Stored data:
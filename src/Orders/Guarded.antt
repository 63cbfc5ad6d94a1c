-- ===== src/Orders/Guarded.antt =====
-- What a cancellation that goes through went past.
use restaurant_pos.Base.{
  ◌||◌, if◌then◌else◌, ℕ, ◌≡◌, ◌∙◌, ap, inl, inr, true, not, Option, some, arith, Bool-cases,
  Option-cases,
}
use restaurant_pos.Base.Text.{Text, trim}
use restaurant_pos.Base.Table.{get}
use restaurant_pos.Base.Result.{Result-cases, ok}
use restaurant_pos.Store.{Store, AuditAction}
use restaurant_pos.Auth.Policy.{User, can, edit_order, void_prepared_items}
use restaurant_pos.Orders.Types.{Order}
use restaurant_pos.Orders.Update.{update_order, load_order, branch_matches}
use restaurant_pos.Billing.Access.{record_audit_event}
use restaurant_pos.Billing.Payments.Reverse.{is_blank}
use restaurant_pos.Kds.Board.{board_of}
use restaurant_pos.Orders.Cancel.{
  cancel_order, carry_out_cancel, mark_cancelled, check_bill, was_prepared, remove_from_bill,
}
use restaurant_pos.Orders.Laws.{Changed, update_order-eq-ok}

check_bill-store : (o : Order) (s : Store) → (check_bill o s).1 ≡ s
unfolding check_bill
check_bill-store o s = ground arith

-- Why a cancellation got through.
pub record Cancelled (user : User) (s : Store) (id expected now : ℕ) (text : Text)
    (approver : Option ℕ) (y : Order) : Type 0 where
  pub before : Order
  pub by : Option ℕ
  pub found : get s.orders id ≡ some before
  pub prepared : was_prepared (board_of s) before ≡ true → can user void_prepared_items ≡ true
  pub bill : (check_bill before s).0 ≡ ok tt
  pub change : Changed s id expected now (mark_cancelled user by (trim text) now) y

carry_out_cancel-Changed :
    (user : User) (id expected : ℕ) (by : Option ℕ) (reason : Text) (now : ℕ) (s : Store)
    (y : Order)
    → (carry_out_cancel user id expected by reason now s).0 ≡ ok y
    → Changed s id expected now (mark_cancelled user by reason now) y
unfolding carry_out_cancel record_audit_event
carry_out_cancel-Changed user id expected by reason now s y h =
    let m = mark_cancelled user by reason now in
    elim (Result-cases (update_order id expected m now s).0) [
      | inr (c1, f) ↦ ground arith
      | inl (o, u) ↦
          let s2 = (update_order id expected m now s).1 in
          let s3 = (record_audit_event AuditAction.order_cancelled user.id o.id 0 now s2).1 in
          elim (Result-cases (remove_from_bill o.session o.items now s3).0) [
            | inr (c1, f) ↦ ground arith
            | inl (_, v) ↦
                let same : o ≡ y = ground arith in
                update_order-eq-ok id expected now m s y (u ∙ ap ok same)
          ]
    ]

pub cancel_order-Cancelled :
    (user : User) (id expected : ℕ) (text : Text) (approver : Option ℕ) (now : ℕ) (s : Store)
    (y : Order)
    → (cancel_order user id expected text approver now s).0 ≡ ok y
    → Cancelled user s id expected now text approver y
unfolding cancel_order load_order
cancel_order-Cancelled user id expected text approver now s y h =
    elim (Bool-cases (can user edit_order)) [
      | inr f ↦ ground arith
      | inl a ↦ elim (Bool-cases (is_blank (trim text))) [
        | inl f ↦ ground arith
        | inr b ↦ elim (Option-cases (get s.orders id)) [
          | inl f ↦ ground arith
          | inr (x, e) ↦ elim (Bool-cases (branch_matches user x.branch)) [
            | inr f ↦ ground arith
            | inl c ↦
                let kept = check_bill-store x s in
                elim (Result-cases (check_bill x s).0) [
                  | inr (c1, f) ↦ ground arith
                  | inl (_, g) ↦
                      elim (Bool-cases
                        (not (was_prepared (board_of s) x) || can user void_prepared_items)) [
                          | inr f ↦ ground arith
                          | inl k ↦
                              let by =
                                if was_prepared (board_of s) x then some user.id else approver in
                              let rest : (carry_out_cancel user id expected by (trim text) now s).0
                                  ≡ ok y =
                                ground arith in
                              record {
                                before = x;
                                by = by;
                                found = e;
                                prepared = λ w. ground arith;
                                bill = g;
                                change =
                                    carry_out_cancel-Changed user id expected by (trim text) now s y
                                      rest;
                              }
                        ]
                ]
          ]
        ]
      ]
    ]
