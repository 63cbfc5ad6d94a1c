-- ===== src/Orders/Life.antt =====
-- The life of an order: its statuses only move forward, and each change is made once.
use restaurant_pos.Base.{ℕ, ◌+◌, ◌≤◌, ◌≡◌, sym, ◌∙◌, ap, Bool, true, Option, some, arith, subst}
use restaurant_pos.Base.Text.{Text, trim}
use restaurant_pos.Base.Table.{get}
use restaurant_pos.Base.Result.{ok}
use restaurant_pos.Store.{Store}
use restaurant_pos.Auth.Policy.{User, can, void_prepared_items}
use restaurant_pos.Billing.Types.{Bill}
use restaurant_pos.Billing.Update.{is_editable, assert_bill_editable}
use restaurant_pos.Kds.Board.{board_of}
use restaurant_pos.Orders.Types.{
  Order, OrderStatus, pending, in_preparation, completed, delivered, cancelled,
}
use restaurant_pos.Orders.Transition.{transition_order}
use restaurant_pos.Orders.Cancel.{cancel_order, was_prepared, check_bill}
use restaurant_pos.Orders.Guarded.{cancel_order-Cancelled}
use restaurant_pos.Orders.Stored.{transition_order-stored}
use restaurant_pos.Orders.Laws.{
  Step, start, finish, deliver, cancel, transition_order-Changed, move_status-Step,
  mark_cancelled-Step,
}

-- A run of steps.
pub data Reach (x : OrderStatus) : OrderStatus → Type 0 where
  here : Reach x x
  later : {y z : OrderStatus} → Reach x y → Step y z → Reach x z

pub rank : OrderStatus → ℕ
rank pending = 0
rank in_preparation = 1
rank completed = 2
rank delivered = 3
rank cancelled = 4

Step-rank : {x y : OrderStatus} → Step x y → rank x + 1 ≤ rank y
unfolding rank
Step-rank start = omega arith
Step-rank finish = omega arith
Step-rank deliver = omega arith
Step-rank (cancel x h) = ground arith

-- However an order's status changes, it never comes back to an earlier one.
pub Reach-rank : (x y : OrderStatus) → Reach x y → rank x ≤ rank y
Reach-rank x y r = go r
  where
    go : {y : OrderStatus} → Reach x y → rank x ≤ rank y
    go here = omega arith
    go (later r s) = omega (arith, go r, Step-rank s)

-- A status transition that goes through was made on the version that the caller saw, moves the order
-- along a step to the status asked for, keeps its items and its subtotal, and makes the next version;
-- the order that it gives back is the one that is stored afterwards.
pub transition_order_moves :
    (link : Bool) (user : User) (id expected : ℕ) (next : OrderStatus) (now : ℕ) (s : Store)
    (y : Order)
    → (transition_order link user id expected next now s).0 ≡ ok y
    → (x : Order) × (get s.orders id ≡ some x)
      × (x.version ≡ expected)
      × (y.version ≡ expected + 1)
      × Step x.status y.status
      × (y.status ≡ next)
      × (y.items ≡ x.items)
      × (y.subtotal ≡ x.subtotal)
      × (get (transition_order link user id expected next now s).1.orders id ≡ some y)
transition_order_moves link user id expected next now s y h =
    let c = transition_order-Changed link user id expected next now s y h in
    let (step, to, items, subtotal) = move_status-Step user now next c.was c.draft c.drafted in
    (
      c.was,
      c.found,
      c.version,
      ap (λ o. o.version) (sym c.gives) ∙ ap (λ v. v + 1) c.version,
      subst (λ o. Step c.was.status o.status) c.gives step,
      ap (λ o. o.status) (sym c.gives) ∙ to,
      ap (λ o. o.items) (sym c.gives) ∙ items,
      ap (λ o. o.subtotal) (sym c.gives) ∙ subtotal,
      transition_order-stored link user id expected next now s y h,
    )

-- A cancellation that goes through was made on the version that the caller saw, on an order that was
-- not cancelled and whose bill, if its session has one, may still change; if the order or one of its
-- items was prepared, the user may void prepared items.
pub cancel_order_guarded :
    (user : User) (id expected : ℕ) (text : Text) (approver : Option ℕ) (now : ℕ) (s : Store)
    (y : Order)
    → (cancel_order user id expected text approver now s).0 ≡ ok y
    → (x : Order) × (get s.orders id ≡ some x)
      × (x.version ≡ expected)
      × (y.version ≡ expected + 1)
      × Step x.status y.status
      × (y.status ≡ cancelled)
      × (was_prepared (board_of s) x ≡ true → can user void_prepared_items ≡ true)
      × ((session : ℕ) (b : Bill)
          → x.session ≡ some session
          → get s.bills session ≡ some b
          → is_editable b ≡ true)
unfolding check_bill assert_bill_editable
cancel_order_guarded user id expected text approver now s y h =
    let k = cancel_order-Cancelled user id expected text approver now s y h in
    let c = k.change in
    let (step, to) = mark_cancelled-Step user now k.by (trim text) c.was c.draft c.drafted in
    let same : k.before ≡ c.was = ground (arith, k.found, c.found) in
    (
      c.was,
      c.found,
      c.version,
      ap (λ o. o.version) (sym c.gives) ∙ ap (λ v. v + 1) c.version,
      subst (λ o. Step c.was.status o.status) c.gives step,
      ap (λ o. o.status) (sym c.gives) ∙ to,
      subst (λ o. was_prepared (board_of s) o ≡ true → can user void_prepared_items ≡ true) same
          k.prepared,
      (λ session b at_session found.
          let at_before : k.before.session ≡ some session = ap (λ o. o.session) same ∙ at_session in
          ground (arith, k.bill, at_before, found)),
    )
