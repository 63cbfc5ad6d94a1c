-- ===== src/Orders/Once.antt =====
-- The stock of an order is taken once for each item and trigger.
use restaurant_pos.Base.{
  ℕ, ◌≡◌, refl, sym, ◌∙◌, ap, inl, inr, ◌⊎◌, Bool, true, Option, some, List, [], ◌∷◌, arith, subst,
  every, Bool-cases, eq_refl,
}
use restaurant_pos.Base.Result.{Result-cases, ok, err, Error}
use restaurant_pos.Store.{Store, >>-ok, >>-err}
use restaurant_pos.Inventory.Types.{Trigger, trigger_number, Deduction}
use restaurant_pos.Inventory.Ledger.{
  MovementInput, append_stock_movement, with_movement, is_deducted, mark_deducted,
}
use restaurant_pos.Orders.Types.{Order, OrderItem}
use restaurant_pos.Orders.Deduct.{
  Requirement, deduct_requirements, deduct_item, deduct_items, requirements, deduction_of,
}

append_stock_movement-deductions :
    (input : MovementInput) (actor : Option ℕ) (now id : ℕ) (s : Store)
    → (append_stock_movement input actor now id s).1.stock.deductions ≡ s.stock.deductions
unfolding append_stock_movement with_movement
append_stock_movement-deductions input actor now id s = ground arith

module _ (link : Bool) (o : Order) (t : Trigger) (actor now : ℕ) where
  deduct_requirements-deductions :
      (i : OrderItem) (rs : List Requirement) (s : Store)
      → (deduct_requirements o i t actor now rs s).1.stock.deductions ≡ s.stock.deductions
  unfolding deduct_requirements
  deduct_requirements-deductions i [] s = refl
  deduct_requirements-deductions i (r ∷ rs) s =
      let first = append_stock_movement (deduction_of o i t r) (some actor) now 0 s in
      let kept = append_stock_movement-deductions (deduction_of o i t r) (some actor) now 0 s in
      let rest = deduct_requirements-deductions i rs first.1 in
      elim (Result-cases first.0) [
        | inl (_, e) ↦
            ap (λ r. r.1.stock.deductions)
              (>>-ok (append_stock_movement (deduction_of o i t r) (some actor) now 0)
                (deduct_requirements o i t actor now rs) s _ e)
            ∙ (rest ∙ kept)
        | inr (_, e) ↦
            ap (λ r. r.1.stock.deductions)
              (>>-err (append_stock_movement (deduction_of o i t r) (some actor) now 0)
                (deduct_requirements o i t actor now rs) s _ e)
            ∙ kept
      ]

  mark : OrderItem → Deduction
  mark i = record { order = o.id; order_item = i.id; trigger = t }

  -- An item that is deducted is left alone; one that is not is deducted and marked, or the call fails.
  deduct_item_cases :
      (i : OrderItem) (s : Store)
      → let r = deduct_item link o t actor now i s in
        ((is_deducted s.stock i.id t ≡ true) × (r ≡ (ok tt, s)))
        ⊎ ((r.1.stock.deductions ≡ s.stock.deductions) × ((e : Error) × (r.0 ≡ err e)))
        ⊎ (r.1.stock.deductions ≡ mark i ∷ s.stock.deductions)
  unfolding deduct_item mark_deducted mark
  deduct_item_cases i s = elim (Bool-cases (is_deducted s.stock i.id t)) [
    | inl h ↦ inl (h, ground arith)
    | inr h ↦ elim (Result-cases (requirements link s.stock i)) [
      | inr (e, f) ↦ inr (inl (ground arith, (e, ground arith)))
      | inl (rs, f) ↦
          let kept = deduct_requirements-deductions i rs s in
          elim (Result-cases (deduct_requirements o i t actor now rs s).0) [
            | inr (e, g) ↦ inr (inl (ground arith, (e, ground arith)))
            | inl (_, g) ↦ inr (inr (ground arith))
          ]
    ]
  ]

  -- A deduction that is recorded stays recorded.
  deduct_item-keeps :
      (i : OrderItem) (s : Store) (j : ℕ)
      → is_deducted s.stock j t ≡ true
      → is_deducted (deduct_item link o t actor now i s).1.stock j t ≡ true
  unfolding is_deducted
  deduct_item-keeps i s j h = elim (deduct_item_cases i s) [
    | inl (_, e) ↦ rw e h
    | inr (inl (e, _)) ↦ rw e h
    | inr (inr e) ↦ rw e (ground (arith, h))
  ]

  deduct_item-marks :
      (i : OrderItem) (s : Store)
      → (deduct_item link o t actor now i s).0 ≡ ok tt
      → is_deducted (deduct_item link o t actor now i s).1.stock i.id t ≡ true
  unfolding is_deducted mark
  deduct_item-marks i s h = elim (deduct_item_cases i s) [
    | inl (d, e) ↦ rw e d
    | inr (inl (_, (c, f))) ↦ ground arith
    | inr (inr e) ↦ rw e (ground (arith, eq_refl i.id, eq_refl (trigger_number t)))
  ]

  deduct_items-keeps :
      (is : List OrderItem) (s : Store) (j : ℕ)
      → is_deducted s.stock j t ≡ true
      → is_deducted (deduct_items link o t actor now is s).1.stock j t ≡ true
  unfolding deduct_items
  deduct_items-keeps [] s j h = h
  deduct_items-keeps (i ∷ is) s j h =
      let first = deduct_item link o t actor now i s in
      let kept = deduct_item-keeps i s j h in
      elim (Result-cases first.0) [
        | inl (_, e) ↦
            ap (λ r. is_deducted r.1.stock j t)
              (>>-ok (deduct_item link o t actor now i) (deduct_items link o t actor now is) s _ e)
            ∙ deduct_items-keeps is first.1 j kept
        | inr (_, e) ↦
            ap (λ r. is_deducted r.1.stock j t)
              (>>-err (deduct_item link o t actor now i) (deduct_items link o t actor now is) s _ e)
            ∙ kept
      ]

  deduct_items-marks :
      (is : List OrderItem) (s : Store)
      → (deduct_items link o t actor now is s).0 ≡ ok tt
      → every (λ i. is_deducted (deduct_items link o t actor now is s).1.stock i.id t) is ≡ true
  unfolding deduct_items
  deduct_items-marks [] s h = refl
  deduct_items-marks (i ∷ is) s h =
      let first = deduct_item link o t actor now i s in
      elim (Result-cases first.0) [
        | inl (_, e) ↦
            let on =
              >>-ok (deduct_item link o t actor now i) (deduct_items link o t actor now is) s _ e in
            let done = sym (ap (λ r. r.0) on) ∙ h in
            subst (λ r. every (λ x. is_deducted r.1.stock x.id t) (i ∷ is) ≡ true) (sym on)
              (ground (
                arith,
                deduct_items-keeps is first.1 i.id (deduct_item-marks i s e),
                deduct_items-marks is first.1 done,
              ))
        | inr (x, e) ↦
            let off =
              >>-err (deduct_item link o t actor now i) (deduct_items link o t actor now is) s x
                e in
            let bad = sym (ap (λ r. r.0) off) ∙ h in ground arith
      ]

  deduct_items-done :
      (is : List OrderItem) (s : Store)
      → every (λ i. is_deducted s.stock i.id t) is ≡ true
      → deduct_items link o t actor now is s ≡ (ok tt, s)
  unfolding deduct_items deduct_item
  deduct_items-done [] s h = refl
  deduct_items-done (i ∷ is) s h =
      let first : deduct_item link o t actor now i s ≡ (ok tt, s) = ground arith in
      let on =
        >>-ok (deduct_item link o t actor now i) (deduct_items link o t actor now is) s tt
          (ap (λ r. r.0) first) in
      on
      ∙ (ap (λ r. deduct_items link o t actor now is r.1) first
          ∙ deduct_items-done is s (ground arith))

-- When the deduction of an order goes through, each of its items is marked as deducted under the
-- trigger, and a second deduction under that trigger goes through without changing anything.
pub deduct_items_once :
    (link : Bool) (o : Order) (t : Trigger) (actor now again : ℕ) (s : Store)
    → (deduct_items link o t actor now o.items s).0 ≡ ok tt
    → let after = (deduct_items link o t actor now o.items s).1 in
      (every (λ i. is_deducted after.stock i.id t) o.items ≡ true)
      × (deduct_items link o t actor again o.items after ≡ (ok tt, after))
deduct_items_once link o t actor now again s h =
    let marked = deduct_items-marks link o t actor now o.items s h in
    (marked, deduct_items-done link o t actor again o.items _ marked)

ABOUT THIS TASK.
I need each line of the entries that holds the string "Inventory" located and copied.

THE COMPLETED TASK.
use restaurant_pos.Inventory.Types.{Trigger, trigger_number, Deduction}
use restaurant_pos.Inventory.Ledger.{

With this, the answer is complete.